What is being asked - The string "cached" appears in some lines of the data. Report how many, with no other words.

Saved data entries
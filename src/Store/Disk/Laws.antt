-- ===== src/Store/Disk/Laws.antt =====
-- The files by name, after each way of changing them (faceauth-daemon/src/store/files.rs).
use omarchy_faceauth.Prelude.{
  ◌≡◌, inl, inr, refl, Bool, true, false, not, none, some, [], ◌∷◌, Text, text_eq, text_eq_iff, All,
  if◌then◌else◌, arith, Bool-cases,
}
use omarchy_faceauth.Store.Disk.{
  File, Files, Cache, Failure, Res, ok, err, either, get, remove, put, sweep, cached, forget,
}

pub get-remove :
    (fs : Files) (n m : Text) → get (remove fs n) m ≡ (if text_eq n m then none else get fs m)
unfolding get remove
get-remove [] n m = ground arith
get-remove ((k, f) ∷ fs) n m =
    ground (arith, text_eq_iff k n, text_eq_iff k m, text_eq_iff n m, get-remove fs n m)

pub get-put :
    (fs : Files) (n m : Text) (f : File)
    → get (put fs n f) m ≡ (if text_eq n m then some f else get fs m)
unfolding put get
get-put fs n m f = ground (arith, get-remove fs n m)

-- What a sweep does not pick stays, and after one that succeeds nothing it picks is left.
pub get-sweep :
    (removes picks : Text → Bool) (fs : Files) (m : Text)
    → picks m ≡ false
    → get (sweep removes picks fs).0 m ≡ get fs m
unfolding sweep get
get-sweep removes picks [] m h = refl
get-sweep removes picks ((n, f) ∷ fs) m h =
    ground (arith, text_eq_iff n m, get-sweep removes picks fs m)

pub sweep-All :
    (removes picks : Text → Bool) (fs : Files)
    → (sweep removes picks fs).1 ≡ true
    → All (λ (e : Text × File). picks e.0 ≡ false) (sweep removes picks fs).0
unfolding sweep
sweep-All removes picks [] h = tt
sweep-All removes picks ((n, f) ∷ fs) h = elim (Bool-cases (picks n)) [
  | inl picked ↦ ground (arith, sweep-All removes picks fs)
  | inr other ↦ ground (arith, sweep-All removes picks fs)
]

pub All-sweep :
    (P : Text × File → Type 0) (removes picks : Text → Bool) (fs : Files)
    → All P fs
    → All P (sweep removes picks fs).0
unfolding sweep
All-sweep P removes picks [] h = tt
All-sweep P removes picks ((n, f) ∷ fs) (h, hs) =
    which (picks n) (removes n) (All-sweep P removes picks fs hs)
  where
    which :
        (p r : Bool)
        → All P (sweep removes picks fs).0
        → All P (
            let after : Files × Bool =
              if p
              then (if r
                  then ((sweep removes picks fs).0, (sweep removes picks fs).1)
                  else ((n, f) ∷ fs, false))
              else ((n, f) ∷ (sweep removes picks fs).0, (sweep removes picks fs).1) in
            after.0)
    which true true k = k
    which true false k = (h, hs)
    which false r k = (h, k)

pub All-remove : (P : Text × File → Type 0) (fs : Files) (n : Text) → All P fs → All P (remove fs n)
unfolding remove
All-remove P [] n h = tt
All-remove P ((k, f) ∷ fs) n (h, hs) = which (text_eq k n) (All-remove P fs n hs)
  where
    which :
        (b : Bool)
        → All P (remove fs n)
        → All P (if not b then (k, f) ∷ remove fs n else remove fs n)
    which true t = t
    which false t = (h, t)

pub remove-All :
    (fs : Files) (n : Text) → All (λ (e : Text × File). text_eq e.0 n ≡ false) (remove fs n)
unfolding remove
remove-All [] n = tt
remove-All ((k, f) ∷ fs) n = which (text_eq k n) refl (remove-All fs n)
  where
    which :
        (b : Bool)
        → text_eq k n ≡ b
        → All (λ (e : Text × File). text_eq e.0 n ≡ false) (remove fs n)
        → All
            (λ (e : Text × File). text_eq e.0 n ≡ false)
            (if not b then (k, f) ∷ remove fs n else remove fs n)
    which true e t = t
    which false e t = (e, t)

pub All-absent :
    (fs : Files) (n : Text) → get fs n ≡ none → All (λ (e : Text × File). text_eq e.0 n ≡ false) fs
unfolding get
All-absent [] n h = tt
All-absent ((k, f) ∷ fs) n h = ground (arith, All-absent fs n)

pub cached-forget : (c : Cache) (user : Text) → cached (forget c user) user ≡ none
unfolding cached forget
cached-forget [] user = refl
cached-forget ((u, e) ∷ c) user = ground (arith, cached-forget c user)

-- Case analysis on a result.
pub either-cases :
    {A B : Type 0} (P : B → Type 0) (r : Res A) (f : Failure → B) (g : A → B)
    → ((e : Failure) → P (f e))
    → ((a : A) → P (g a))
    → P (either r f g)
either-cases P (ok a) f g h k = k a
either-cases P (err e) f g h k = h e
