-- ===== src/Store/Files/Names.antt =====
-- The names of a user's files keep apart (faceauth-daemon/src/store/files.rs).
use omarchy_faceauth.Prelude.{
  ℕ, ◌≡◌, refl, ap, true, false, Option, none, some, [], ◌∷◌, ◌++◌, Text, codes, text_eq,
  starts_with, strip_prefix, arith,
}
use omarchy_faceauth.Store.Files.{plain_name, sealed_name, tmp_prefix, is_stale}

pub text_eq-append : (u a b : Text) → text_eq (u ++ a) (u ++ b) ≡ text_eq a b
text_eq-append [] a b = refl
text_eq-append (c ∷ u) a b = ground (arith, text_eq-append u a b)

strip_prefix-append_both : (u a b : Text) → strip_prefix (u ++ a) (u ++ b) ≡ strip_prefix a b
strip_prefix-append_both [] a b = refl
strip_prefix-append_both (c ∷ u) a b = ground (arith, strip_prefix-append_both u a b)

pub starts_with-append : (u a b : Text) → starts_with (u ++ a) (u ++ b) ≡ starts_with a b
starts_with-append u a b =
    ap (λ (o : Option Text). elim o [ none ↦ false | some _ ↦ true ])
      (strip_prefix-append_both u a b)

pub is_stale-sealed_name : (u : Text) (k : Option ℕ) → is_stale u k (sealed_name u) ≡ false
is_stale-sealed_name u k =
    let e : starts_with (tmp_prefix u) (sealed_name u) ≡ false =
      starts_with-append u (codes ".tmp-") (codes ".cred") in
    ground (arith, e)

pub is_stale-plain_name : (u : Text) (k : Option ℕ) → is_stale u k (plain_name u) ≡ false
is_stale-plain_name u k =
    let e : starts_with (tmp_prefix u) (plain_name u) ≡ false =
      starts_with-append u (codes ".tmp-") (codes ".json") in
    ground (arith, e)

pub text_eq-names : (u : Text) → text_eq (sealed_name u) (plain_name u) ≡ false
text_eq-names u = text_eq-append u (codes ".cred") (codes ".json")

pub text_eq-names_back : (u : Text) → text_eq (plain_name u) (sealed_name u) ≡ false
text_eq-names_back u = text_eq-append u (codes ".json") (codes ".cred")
* * *
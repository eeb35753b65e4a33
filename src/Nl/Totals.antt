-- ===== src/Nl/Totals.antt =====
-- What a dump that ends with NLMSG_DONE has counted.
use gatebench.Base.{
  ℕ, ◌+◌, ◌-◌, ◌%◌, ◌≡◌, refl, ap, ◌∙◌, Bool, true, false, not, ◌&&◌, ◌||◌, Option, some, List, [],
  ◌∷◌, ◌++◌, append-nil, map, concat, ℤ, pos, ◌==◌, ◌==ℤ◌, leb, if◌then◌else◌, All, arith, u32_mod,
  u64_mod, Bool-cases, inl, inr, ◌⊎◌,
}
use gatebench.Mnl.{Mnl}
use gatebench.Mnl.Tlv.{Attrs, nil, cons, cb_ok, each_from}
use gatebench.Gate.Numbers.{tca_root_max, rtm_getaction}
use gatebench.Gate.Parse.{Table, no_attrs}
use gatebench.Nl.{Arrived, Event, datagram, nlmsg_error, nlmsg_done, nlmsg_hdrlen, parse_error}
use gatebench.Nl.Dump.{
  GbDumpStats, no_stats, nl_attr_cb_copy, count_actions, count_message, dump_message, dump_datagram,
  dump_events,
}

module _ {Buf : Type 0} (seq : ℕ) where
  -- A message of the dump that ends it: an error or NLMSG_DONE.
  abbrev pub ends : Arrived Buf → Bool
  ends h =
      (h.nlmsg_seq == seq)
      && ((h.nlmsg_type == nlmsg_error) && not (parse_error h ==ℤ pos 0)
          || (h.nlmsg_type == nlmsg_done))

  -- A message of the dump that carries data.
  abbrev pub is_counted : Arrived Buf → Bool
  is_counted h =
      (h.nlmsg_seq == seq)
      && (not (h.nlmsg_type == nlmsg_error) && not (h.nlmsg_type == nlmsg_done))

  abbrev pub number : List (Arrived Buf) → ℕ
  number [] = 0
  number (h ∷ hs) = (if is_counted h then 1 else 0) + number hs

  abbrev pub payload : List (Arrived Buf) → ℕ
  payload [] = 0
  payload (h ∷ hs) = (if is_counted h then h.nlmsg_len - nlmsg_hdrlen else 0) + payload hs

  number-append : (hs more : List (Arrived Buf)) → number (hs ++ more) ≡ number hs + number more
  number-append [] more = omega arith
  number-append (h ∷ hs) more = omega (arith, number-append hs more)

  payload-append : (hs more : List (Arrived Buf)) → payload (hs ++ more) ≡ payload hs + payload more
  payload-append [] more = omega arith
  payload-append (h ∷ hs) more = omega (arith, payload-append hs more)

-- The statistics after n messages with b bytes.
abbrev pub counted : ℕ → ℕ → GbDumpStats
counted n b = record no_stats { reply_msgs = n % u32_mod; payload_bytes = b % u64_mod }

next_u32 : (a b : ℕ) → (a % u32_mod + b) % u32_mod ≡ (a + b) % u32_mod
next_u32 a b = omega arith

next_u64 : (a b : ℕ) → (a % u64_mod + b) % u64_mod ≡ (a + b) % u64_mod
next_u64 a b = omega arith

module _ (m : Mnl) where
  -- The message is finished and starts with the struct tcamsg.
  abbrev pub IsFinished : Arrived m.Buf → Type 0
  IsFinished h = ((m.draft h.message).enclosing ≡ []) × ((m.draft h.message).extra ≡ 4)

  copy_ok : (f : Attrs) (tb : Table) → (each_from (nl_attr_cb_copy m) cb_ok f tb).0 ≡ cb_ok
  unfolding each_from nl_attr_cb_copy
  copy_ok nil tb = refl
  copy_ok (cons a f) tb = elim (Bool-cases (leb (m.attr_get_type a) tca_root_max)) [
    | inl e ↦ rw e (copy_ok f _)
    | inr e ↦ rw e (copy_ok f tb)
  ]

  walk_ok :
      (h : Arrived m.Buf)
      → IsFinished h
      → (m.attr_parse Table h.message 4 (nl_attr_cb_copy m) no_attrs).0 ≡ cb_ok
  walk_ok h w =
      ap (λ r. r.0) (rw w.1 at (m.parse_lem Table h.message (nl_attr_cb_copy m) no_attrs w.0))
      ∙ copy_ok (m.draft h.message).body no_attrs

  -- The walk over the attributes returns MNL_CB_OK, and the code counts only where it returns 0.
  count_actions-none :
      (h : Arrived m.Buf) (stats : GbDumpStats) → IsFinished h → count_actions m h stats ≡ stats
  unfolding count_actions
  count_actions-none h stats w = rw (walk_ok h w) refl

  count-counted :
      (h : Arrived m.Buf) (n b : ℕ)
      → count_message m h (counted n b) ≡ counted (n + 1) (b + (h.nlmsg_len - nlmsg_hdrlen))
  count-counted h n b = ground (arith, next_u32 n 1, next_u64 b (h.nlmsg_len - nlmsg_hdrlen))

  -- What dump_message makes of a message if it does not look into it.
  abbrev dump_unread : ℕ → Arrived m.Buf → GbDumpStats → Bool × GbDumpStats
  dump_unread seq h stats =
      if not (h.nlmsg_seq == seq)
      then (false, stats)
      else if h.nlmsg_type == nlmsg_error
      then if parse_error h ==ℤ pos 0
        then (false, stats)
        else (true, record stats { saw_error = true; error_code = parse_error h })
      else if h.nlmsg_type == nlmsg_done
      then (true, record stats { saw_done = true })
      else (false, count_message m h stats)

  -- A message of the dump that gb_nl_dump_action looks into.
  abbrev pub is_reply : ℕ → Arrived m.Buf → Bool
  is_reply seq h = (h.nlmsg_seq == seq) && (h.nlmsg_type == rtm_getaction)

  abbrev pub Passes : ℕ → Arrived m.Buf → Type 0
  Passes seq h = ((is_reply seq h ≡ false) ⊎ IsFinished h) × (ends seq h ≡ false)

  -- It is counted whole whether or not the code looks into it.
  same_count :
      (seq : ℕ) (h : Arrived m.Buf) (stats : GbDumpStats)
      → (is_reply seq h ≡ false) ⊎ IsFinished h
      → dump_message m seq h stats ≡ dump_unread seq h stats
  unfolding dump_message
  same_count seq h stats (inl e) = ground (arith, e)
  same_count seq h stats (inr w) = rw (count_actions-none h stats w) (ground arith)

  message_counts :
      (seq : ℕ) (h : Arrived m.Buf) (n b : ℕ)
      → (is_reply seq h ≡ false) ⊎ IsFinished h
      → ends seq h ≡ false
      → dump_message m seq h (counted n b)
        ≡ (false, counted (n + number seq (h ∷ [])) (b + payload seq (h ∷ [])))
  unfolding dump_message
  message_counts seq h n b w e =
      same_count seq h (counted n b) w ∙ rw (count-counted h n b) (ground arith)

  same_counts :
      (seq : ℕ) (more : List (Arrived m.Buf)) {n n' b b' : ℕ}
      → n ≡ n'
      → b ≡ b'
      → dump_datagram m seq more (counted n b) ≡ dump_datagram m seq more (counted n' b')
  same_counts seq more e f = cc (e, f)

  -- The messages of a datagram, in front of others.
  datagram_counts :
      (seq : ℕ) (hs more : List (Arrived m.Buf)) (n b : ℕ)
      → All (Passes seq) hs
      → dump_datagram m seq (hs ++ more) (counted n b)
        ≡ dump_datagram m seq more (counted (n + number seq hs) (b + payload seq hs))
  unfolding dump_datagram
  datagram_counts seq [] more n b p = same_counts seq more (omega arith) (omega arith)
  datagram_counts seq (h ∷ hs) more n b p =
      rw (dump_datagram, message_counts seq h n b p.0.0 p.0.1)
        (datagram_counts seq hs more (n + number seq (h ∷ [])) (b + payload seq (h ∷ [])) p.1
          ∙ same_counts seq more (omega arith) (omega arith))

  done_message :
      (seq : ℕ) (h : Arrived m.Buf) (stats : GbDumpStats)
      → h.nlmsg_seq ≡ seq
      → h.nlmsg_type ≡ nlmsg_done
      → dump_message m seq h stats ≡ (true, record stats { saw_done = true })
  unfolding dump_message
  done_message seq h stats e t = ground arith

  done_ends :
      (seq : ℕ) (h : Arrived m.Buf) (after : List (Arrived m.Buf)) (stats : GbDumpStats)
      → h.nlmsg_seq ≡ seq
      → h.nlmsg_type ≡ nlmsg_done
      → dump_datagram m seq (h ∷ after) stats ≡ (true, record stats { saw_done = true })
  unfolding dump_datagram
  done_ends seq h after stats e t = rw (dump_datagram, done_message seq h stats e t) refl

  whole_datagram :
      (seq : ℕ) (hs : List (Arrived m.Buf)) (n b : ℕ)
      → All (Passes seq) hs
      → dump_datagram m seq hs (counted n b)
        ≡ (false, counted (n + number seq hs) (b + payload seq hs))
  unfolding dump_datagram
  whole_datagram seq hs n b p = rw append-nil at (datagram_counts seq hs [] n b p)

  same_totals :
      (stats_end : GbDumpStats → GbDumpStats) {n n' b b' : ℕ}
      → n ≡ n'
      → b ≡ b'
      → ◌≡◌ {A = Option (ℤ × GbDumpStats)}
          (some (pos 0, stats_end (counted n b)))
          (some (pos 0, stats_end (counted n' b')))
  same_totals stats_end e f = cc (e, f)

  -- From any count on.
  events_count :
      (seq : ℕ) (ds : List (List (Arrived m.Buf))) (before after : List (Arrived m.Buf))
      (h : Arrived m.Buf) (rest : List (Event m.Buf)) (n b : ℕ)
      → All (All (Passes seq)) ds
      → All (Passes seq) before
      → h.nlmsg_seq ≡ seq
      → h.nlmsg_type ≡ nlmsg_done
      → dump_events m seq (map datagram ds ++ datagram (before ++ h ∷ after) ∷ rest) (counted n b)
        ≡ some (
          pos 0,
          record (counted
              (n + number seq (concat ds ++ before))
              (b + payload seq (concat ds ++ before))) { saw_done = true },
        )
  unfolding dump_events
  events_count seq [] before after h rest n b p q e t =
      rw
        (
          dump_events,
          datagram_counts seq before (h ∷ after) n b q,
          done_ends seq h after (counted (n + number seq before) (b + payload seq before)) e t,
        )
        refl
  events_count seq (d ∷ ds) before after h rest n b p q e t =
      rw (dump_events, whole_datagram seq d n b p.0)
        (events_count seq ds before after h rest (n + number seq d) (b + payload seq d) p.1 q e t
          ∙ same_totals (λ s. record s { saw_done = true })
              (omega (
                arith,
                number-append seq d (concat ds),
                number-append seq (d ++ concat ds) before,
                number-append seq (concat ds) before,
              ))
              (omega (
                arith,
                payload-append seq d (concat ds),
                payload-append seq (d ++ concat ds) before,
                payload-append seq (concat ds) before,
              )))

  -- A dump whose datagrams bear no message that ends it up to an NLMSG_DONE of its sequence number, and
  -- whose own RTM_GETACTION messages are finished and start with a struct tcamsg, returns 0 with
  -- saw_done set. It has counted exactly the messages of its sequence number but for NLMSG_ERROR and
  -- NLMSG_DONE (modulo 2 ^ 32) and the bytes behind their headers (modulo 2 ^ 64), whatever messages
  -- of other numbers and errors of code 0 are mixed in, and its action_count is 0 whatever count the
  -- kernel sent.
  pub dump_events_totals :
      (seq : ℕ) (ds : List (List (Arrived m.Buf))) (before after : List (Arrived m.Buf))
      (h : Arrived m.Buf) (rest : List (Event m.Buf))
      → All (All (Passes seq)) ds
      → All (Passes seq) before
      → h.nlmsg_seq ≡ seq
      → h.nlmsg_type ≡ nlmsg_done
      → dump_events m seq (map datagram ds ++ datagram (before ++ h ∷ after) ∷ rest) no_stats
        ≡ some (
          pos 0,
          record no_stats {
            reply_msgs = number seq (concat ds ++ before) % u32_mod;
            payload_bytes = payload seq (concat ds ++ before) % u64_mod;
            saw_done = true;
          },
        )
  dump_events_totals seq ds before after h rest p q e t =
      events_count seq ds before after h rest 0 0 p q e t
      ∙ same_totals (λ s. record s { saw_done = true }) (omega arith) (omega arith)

Your solution - 5